### INFORMATION PROVIDED ###

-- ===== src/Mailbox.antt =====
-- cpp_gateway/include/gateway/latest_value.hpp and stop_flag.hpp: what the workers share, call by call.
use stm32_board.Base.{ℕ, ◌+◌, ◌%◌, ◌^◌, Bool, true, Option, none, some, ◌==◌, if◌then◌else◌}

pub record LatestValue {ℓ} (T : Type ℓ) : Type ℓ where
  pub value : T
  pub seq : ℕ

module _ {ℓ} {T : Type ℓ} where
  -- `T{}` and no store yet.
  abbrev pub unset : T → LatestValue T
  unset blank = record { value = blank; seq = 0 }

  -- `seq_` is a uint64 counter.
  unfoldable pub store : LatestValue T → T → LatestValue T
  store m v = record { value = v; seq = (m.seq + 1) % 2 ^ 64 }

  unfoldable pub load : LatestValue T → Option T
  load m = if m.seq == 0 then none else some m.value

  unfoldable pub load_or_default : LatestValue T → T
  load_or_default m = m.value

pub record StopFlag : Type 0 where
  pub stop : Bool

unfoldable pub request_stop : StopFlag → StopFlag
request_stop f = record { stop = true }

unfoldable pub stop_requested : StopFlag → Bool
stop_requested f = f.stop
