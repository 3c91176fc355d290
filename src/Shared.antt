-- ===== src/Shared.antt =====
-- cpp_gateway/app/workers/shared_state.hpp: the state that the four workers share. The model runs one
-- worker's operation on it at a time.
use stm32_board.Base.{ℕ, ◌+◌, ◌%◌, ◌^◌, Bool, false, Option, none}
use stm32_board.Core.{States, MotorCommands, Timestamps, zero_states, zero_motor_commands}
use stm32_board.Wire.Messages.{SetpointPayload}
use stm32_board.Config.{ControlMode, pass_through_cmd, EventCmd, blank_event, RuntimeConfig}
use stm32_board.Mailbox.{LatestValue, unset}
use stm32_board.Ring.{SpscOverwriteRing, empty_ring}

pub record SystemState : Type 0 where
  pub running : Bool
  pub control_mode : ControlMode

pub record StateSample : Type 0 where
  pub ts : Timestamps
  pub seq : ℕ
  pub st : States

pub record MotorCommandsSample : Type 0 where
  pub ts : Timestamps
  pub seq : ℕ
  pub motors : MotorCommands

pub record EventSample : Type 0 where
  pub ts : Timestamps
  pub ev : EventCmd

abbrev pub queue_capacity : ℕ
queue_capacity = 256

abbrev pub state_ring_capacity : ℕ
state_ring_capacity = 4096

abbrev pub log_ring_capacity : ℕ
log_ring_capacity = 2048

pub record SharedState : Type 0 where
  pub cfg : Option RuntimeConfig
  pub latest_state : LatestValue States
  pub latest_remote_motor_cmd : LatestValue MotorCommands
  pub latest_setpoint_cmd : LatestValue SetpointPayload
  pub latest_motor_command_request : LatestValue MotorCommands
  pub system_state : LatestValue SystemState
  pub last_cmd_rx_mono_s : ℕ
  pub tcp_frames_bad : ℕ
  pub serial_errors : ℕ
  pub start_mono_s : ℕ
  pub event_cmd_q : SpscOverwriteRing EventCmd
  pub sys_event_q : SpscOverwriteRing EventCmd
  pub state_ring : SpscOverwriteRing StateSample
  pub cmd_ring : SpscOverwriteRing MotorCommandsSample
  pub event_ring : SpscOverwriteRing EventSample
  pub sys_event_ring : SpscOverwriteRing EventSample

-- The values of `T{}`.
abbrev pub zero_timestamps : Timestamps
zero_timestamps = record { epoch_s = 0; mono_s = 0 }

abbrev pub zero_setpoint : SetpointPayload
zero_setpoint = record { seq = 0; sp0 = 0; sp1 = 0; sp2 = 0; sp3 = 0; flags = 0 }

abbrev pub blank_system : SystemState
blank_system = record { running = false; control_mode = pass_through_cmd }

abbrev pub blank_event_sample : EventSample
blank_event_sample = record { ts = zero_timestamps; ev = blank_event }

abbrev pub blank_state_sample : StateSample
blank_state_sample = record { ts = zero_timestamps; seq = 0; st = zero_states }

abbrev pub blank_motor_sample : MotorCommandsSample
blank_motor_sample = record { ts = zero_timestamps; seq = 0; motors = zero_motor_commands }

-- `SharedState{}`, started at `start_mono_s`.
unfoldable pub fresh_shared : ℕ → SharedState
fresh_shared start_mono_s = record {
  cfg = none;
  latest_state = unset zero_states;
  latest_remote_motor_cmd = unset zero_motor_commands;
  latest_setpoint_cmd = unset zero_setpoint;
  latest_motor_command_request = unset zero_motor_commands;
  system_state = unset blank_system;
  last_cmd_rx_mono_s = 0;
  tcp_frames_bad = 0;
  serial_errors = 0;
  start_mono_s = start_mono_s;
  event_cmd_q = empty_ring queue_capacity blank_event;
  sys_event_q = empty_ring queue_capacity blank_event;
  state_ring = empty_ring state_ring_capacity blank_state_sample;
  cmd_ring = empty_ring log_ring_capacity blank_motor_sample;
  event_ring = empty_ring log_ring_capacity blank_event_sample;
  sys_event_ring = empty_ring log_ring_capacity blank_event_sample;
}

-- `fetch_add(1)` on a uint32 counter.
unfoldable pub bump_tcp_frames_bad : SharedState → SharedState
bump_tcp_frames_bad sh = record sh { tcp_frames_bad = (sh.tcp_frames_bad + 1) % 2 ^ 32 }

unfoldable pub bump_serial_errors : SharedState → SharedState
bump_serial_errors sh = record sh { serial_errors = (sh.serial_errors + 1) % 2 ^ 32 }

###

__INSTRUCTIONS FOR THE TASK__.
The full listing above is to be retyped exactly.

__REPLY TO THE TASK__.
-- ===== src/Mailbox.antt =====
-- cpp_gateway/include/gateway/latest_value.hpp and stop_flag.hpp: what the workers share, call by call.
use stm32_board.Base.{ℕ, ◌+◌, ◌%◌, ◌^◌, Bool, true, Option, none, some, ◌==◌, if◌then◌else◌}

pub record LatestValue {ℓ} (T : Type ℓ) : Type ℓ where
  pub value : T
  pub seq : ℕ

module _ {ℓ} {T : Type ℓ} where
  -- `T{}` and no store yet.
  abbrev pub unset : T → LatestValue T
  unset blank = record { value = blank; seq = 0 }

  -- `seq_` is a uint64 counter.
  unfoldable pub store : LatestValue T → T → LatestValue T
  store m v = record { value = v; seq = (m.seq + 1) % 2 ^ 64 }

  unfoldable pub load : LatestValue T → Option T
  load m = if m.seq == 0 then none else some m.value

  unfoldable pub load_or_default : LatestValue T → T
  load_or_default m = m.value

pub record StopFlag : Type 0 where
  pub stop : Bool

unfoldable pub request_stop : StopFlag → StopFlag
request_stop f = record { stop = true }

unfoldable pub stop_requested : StopFlag → Bool
stop_requested f = f.stop
repository 3c91176fc355d290
filename src/Shared.antt
-- ===== src/Shared.antt =====
-- cpp_gateway/app/workers/shared_state.hpp: the state that the four workers share. The model runs one
-- worker's operation on it at a time.
use stm32_board.Base.{ℕ, ◌+◌, ◌%◌, ◌^◌, Bool, false, Option, none}
use stm32_board.Core.{States, MotorCommands, Timestamps, zero_states, zero_motor_commands}
use stm32_board.Wire.Messages.{SetpointPayload}
use stm32_board.Config.{ControlMode, pass_through_cmd, EventCmd, blank_event, RuntimeConfig}
use stm32_board.Mailbox.{LatestValue, unset}
use stm32_board.Ring.{SpscOverwriteRing, empty_ring}

pub record SystemState : Type 0 where
  pub running : Bool
  pub control_mode : ControlMode

pub record StateSample : Type 0 where
  pub ts : Timestamps
  pub seq : ℕ
  pub st : States

pub record MotorCommandsSample : Type 0 where
  pub ts : Timestamps
  pub seq : ℕ
  pub motors : MotorCommands

pub record EventSample : Type 0 where
  pub ts : Timestamps
  pub ev : EventCmd

abbrev pub queue_capacity : ℕ
queue_capacity = 256

abbrev pub state_ring_capacity : ℕ
state_ring_capacity = 4096

abbrev pub log_ring_capacity : ℕ
log_ring_capacity = 2048

pub record SharedState : Type 0 where
  pub cfg : Option RuntimeConfig
  pub latest_state : LatestValue States
  pub latest_remote_motor_cmd : LatestValue MotorCommands
  pub latest_setpoint_cmd : LatestValue SetpointPayload
  pub latest_motor_command_request : LatestValue MotorCommands
  pub system_state : LatestValue SystemState
  pub last_cmd_rx_mono_s : ℕ
  pub tcp_frames_bad : ℕ
  pub serial_errors : ℕ
  pub start_mono_s : ℕ
  pub event_cmd_q : SpscOverwriteRing EventCmd
  pub sys_event_q : SpscOverwriteRing EventCmd
  pub state_ring : SpscOverwriteRing StateSample
  pub cmd_ring : SpscOverwriteRing MotorCommandsSample
  pub event_ring : SpscOverwriteRing EventSample
  pub sys_event_ring : SpscOverwriteRing EventSample

-- The values of `T{}`.
abbrev pub zero_timestamps : Timestamps
zero_timestamps = record { epoch_s = 0; mono_s = 0 }

abbrev pub zero_setpoint : SetpointPayload
zero_setpoint = record { seq = 0; sp0 = 0; sp1 = 0; sp2 = 0; sp3 = 0; flags = 0 }

abbrev pub blank_system : SystemState
blank_system = record { running = false; control_mode = pass_through_cmd }

abbrev pub blank_event_sample : EventSample
blank_event_sample = record { ts = zero_timestamps; ev = blank_event }

abbrev pub blank_state_sample : StateSample
blank_state_sample = record { ts = zero_timestamps; seq = 0; st = zero_states }

abbrev pub blank_motor_sample : MotorCommandsSample
blank_motor_sample = record { ts = zero_timestamps; seq = 0; motors = zero_motor_commands }

-- `SharedState{}`, started at `start_mono_s`.
unfoldable pub fresh_shared : ℕ → SharedState
fresh_shared start_mono_s = record {
  cfg = none;
  latest_state = unset zero_states;
  latest_remote_motor_cmd = unset zero_motor_commands;
  latest_setpoint_cmd = unset zero_setpoint;
  latest_motor_command_request = unset zero_motor_commands;
  system_state = unset blank_system;
  last_cmd_rx_mono_s = 0;
  tcp_frames_bad = 0;
  serial_errors = 0;
  start_mono_s = start_mono_s;
  event_cmd_q = empty_ring queue_capacity blank_event;
  sys_event_q = empty_ring queue_capacity blank_event;
  state_ring = empty_ring state_ring_capacity blank_state_sample;
  cmd_ring = empty_ring log_ring_capacity blank_motor_sample;
  event_ring = empty_ring log_ring_capacity blank_event_sample;
  sys_event_ring = empty_ring log_ring_capacity blank_event_sample;
}

-- `fetch_add(1)` on a uint32 counter.
unfoldable pub bump_tcp_frames_bad : SharedState → SharedState
bump_tcp_frames_bad sh = record sh { tcp_frames_bad = (sh.tcp_frames_bad + 1) % 2 ^ 32 }

unfoldable pub bump_serial_errors : SharedState → SharedState
bump_serial_errors sh = record sh { serial_errors = (sh.serial_errors + 1) % 2 ^ 32 }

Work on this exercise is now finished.